A man of versatile creativity, Burleigh designed the Fleur-de-lys Studios in Providence in collaboration with the architect Edmund Russell Willson of Stone, Carpenter, and Willson. Built in 1885 in conjunction with the Art Workers Guild, the building was to be used for art studios, including Burleigh’s own. It is an important monument to the American Arts and Crafts Movement and was designated a National Historic Landmark in 1992. It is now owned by the Providence Art Club, and retains its original purpose as artist' studios.

Another of his studios was a unique and eccentric little building known as the "Peggotty." Burleigh built it over the hull of a small sailboat that had been used as a ferry between Little Compton and Middletown, Rhode Island. It featured a thatched roof, and today it is on display at the Little Compton Historical Society.

Burleigh was a leading member of the art community in Rhode Island. He was a founder of the Providence Art Club in 1880 and was the first president of the Providence Watercolor Club. He had a long association with the Rhode Island School of Design, serving on the board of directors (1887–1893), as a teacher (1897–1906), and as a trustee (1919–1931).
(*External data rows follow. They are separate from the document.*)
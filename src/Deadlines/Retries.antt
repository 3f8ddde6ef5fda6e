-- ===== src/Deadlines/Retries.antt =====
-- Failure reports against a pending deadline, up to the one that dead-letters it.
use mathlib.Core.Path.{subst}
use ddd_kit_ts.Base.{
  ◌+◌, ◌<◌, ◌≡◌, ◌≢◌, inl, inr, refl, sym, ap, ◌∙◌, Option, none, some, List, [], ◌∷◌, arith,
  Option-cases, length,
}
use ddd_kit_ts.Base.JsMap
use ddd_kit_ts.Base.JsMap.{JsMap}
use ddd_kit_ts.Base.JsMap.Laws.{get-set_self, get-delete_self}
use ddd_kit_ts.Base.JsString.{JsString, JsString-discrete, str_eq_iff}
use ddd_kit_ts.Deadlines.{
  StoredDeadline, InMemoryDeadlineStore, find_delivery, failed, to_record, to_dead_letter,
  mark_failed_at, mark_failed,
}
use ddd_kit_ts.Deadlines.Delivery.{same_delivery}
use ddd_kit_ts.Deadlines.Invariant.{IsValid, find_delivery-some}
use ddd_kit_ts.Deadlines.Preservation.{mark_failed-IsValid}

module _ {P : Type 0} where
  find_delivery_complete :
      (k : JsString) (d : StoredDeadline P) (m : JsMap JsString (StoredDeadline P))
      → JsMap.get JsString-discrete k m ≡ some d
      → find_delivery d.delivery_id m ≢ none
  unfolding find_delivery
  find_delivery_complete k d [] at nothing = cc
  find_delivery_complete k d (e ∷ m) at nothing =
      ground (arith, find_delivery_complete k d m, str_eq_iff e.1.delivery_id d.delivery_id)

  -- The loop finds a pending record by its delivery id.
  find_delivery_known :
      (s : InMemoryDeadlineStore P) (k : JsString) (d : StoredDeadline P)
      → IsValid s
      → JsMap.get JsString-discrete k s.pending ≡ some d
      → find_delivery d.delivery_id s.pending ≡ some (k, d)
  find_delivery_known s k d v at = elim (Option-cases (find_delivery d.delivery_id s.pending)) [
    | inl nothing ↦ absurd (find_delivery_complete k d s.pending at nothing)
    | inr ((k', d'), found) ↦
        let (at', same) = find_delivery-some d.delivery_id k' d' s.pending v.pending_map found in
        let here : k ≡ k' = same_delivery s k k' d d' v at at' (sym same) in
        let there : JsMap.get JsString-discrete k s.pending ≡ some d' = rw here at' in
        let equal : d ≡ d' = cc (at, there) in found ∙ sym (rw (here, equal) refl)
  ]

  -- A report that leaves attempts.
  retried :
      (s : InMemoryDeadlineStore P) (k : JsString) (d : StoredDeadline P) (error : Option JsString)
      → IsValid s
      → JsMap.get JsString-discrete k s.pending ≡ some d
      → d.attempts + 1 < s.max_delivery_attempts
      → mark_failed s d.delivery_id error
        ≡ (none, record s { pending = JsMap.set JsString-discrete k (failed d error) s.pending })
  unfolding mark_failed mark_failed_at failed
  retried s k d none v at left = rw (find_delivery_known s k d v at, mark_failed) (ground arith)
  retried s k d (some e) v at left = rw (find_delivery_known s k d v at, mark_failed) (ground arith)

  -- The report that uses the last attempt.
  exhausted :
      (s : InMemoryDeadlineStore P) (k : JsString) (d : StoredDeadline P) (error : Option JsString)
      → IsValid s
      → JsMap.get JsString-discrete k s.pending ≡ some d
      → d.attempts + 1 ≡ s.max_delivery_attempts
      → mark_failed s d.delivery_id error ≡ (
        some (to_dead_letter (failed d error)),
        record s {
          pending = JsMap.delete JsString-discrete k s.pending;
          dead = JsMap.set JsString-discrete d.delivery_id (failed d error) s.dead;
        },
      )
  unfolding mark_failed mark_failed_at failed
  exhausted s k d none v at last = rw (find_delivery_known s k d v at, mark_failed) (ground arith)
  exhausted s k d (some e) v at last =
      rw (find_delivery_known s k d v at, mark_failed) (ground arith)

  -- Failure reports of one delivery, with what each reports.
  unfoldable pub fail_all :
      InMemoryDeadlineStore P → JsString → List (Option JsString) → InMemoryDeadlineStore P
  unfolding mark_failed
  fail_all s id [] = s
  fail_all s id (error ∷ errors) = fail_all (mark_failed s id error).1 id errors

  fail_all-IsValid :
      (s : InMemoryDeadlineStore P) (id : JsString) (errors : List (Option JsString))
      → IsValid s
      → IsValid (fail_all s id errors)
  unfolding fail_all
  fail_all-IsValid s id [] v = v
  fail_all-IsValid s id (error ∷ errors) v =
      fail_all-IsValid (mark_failed s id error).1 id errors (mark_failed-IsValid s id error v)

  failed-id :
      (d : StoredDeadline P) (e : Option JsString) → (failed d e).delivery_id ≡ d.delivery_id
  unfolding failed
  failed-id d none = refl
  failed-id d (some e) = refl

  failed-attempts :
      (d : StoredDeadline P) (e : Option JsString) → (failed d e).attempts ≡ d.attempts + 1
  unfolding failed
  failed-attempts d none = refl
  failed-attempts d (some e) = refl

  -- While attempts are left the deadline stays pending and counts the reports.
  fail_all-pending :
      (s : InMemoryDeadlineStore P) (k : JsString) (d : StoredDeadline P)
      (errors : List (Option JsString))
      → IsValid s
      → JsMap.get JsString-discrete k s.pending ≡ some d
      → d.attempts + length errors < s.max_delivery_attempts
      → ((fail_all s d.delivery_id errors).max_delivery_attempts ≡ s.max_delivery_attempts)
        × (d' : StoredDeadline P) × (JsMap.get JsString-discrete k
              (fail_all s d.delivery_id errors).pending
            ≡ some d')
        × (d'.delivery_id ≡ d.delivery_id)
        × (d'.attempts ≡ d.attempts + length errors)
  unfolding fail_all
  fail_all-pending s k d [] v at left = (refl, d, at, refl, omega arith)
  fail_all-pending s k d (error ∷ errors) v at left =
      let d1 : StoredDeadline P = failed d error in
      let s1 : InMemoryDeadlineStore P = record s {
        pending = JsMap.set JsString-discrete k (failed d error) s.pending;
      } in
      let step : (mark_failed s d.delivery_id error).1 ≡ s1 =
        ap (λ r. r.1) (retried s k d error v at (omega (arith, left))) in
      let v1 : IsValid s1 = rw (← step) (mark_failed-IsValid s d.delivery_id error v) in
      let at1 : JsMap.get JsString-discrete k s1.pending ≡ some d1 =
        get-set_self JsString-discrete k (failed d error) s.pending in
      let (top, d', here, same, count) =
        fail_all-pending s1 k d1 errors v1 at1 (omega (arith, failed-attempts d error, left)) in
      let ids : fail_all (mark_failed s d.delivery_id error).1 d.delivery_id errors
          ≡ fail_all s1 d1.delivery_id errors =
        rw (step, failed-id d error) refl in
      (
        ap (λ x. x.max_delivery_attempts) ids ∙ top,
        d',
        ap (λ x. JsMap.get JsString-discrete k x.pending) ids ∙ here,
        same ∙ failed-id d error,
        omega (arith, count, failed-attempts d error),
      )

  to_dead_letter-attempts :
      (d : StoredDeadline P) → (to_dead_letter d).record_of.attempts ≡ d.attempts
  unfolding to_dead_letter to_record
  to_dead_letter-attempts d = refl

  -- A pending deadline takes as many failure reports as it has attempts left, whatever they report:
  -- before the last one it is still pending, and the last one returns its dead letter, with all
  -- attempts counted, takes it out of the pending records and keeps it among the dead ones.
  pub dead_letter_after_max :
      (s : InMemoryDeadlineStore P) (k : JsString) (d : StoredDeadline P)
      (errors : List (Option JsString)) (error : Option JsString)
      → IsValid s
      → JsMap.get JsString-discrete k s.pending ≡ some d
      → d.attempts + length errors + 1 ≡ s.max_delivery_attempts
      → let before : InMemoryDeadlineStore P = fail_all s d.delivery_id errors in
        (last : StoredDeadline P) × (JsMap.get JsString-discrete k before.pending ≡ some last)
        × ((mark_failed before d.delivery_id error).0 ≡ some (to_dead_letter (failed last error)))
        × ((to_dead_letter (failed last error)).record_of.attempts ≡ s.max_delivery_attempts)
        × (JsMap.get JsString-discrete k (mark_failed before d.delivery_id error).1.pending ≡ none)
        × (JsMap.get JsString-discrete d.delivery_id (mark_failed before d.delivery_id error).1.dead
            ≡ some (failed last error))
  dead_letter_after_max s k d errors error v at count =
      let b : InMemoryDeadlineStore P = fail_all s d.delivery_id errors in
      let vb : IsValid b = fail_all-IsValid s d.delivery_id errors v in
      let (top, last, here, same, n) = fail_all-pending s k d errors v at (omega (arith, count)) in
      let step = exhausted b k last error vb here (omega (arith, top, n, count)) in
      let step' : mark_failed b d.delivery_id error ≡ (
        some (to_dead_letter (failed last error)),
        record b {
          pending = JsMap.delete JsString-discrete k b.pending;
          dead = JsMap.set JsString-discrete d.delivery_id (failed last error) b.dead;
        },
      ) =
        subst
          (λ i. mark_failed b i error ≡ (
            some (to_dead_letter (failed last error)),
            record b {
              pending = JsMap.delete JsString-discrete k b.pending;
              dead = JsMap.set JsString-discrete i (failed last error) b.dead;
            },
          ))
          same step in
      (
        last,
        here,
        ap (λ r. r.0) step',
        to_dead_letter-attempts (failed last error)
            ∙ failed-attempts last error
            ∙ omega (arith, n, count),
        ap (λ r. JsMap.get JsString-discrete k r.1.pending) step'
            ∙ get-delete_self JsString-discrete k b.pending vb.pending_map,
        ap (λ r. JsMap.get JsString-discrete d.delivery_id r.1.dead) step'
            ∙ get-set_self JsString-discrete d.delivery_id (failed last error) b.dead,
      )
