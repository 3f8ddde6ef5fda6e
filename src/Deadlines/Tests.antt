-- ===== src/Deadlines/Tests.antt =====
-- Runs of the deadline store, and each theorem at an input where its hypotheses hold.
use mathlib.Core.List.{Perm, filter}
use ddd_kit_ts.Base.{
  ◌↔◌, ℕ, ◌≡◌, refl, none, some, Bool, true, List, [], ◌∷◌, map, take, arith, ok, throws,
  ℕ_discrete, dec_le,
}
use ddd_kit_ts.Base.Decimal.{decimal}
use ddd_kit_ts.Base.JsMap
use ddd_kit_ts.Base.JsNumber.{JsNumber, assert_positive_safe_integer, assert_positive_integer}
use ddd_kit_ts.Base.JsString.{JsString, JsString-discrete, str_eq}
use ddd_kit_ts.Deadlines.{
  StoredDeadline, InMemoryDeadlineStore, capacity_exceeded, records_held, address, delivery_id_of,
  new, schedule, cancel, due, mark_delivered, mark_failed, dead_letters, to_record, to_dead_letter,
  failed,
}
use ddd_kit_ts.Deadlines.Address.{address_injective, Collides, cancel_exact}
use ddd_kit_ts.Deadlines.Delivery.{incarnation, replaced_delivery_is_inert}
use ddd_kit_ts.Deadlines.Invariant.{IsValid}
use ddd_kit_ts.Deadlines.Order.{IsSorted, due_page}
use ddd_kit_ts.Deadlines.Reachable.{run_all, schedule_call, mark_failed_call, reachable-IsValid}
use ddd_kit_ts.Deadlines.Retries.{fail_all, dead_letter_after_max}

program : Unit {0}
unfolding new schedule cancel due mark_delivered mark_failed dead_letters delivery_id_of decimal
    JsString-discrete ℕ_discrete str_eq assert_positive_safe_integer assert_positive_integer run_all
    fail_all
program = tt

abbrev always : ℕ → Bool
always p = true

abbrev scope : JsString
scope = b's' ∷ []

abbrev key : JsString
key = b'k' ∷ []

abbrev late : JsString
late = b'l' ∷ []

abbrev empty : InMemoryDeadlineStore ℕ
empty = record {
  pending = [];
  dead = [];
  max_delivery_attempts = 2;
  max_records = some 2;
  next_sequence = 0;
}

abbrev first : StoredDeadline ℕ
first = record {
  delivery_id = delivery_id_of 0;
  scope = scope;
  key = key;
  due_at = 100;
  payload = 7;
  attempts = 0;
  sequence = 0;
  last_error = none;
}

abbrev one : InMemoryDeadlineStore ℕ
one = record empty { pending = (address scope key, first) ∷ []; next_sequence = 1 }

new_runs : new (some (JsNumber.int 2)) (some (JsNumber.int 2)) ≡ ok empty
unfolding program
new_runs = refl

schedule_runs : schedule always empty scope key 100 7 ≡ (ok tt, one)
unfolding program
schedule_runs = refl

-- A full store refuses a new address and takes an old one.
full_refuses :
    (schedule always (schedule always one scope late 50 8).1 late late 60 9).0
    ≡ throws (
        capacity_exceeded
          (record { resource = records_held; limit = 2; current = 2; attempted = 1 }))
unfolding program
full_refuses = refl

due_runs :
    due (schedule always one scope late 50 8).1 100 (JsNumber.int 1)
    ≡ ok (
        record {
          delivery_id = delivery_id_of 1;
          scope = scope;
          key = late;
          due_at = 50;
          payload = 8;
          attempts = 0;
        }
        ∷ [])
unfolding program
due_runs = refl

reachable-IsValid_example : IsValid (
    run_all always
      (schedule_call scope key 100 7 ∷ mark_failed_call (delivery_id_of 0) (some late) ∷ [])
      empty)
reachable-IsValid_example =
    reachable-IsValid always (some (JsNumber.int 2)) (some (JsNumber.int 2))
      (schedule_call scope key 100 7 ∷ mark_failed_call (delivery_id_of 0) (some late) ∷ []) empty
      (unfold program in refl)

empty-IsValid : IsValid empty
unfolding program
empty-IsValid =
    reachable-IsValid always (some (JsNumber.int 2)) (some (JsNumber.int 2)) [] empty refl

one-IsValid : IsValid one
unfolding program
one-IsValid =
    reachable-IsValid always (some (JsNumber.int 2)) (some (JsNumber.int 2))
      (schedule_call scope key 100 7 ∷ []) empty refl

due_page_example :
    (all : List (StoredDeadline ℕ)) × (due one 100 (JsNumber.int 5)
      ≡ ok (map to_record (take 5 all)))
    × Perm all (filter (λ d. dec_le d.due_at 100) (JsMap.values one.pending))
    × IsSorted all
due_page_example = due_page one 100 5

replaced_delivery_is_inert_example :
    let s' = (schedule always one scope key 300 8).1 in
    (mark_failed s' (delivery_id_of 0) (some late) ≡ (none, s'))
    × ((mark_delivered s' (delivery_id_of 0 ∷ [])).pending ≡ s'.pending)
replaced_delivery_is_inert_example =
    replaced_delivery_is_inert always one (schedule always one scope key 300 8).1 scope key 300 8
      first (some late) one-IsValid (unfold program in refl) (unfold program in refl)

dead_letter_after_max_example :
    let before : InMemoryDeadlineStore ℕ = fail_all one (delivery_id_of 0) (some late ∷ []) in
    (last : StoredDeadline ℕ) × (JsMap.get JsString-discrete (address scope key) before.pending
      ≡ some last)
    × ((mark_failed before (delivery_id_of 0) none).0 ≡ some (to_dead_letter (failed last none)))
    × ((to_dead_letter (failed last none)).record_of.attempts ≡ 2)
    × (JsMap.get JsString-discrete
          (address scope key)
          (mark_failed before (delivery_id_of 0) none).1.pending
        ≡ none)
    × (JsMap.get JsString-discrete
          (delivery_id_of 0)
          (mark_failed before (delivery_id_of 0) none).1.dead
        ≡ some (failed last none))
dead_letter_after_max_example =
    dead_letter_after_max one (address scope key) first (some late ∷ []) none one-IsValid
      (unfold program in refl) (omega arith)

address_injective_example : (scope ≡ scope) × (key ≡ key)
address_injective_example = address_injective scope scope key key (ground arith) (ground arith) refl

-- The deadline of a scope that holds a NUL, against a cancellation of another address.
cancel_exact_example :
    let s' = (schedule always empty (address scope key) late 100 7).1 in
    (JsMap.get JsString-discrete (address (address scope key) late) s'.pending
      ≡ some (incarnation empty (address scope key) late 100 7))
    × ((JsMap.get JsString-discrete
            (address (address scope key) late)
            (cancel s' scope (address key late)).pending
          ≡ none)
        ↔ Collides (address scope key) late scope (address key late))
cancel_exact_example =
    cancel_exact always empty (schedule always empty (address scope key) late 100 7).1
      (address scope key) late scope (address key late) 100 7 empty-IsValid (unfold program in refl)

cancels_other :
    (cancel
      (schedule always empty (address scope key) late 100 7).1
      scope
      (address key late)).pending
    ≡ []
unfolding program
cancels_other = refl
He received an honorary degree from Brown University in 1912.

His works are held in several private and public collections, including the Museum of Fine Arts in Boston and the museums at Brown University, the Rhode Island School of Design, the Rhode Island Historical Society, the Little Compton Historical Society, and the Henry Ford collection in Dearborn, Michigan.

Burleigh died on February 26, 1931, in Providence.

== Sources ==
- "Biography for Sydney Burleigh"
- "Fleur-de-Lys Studios"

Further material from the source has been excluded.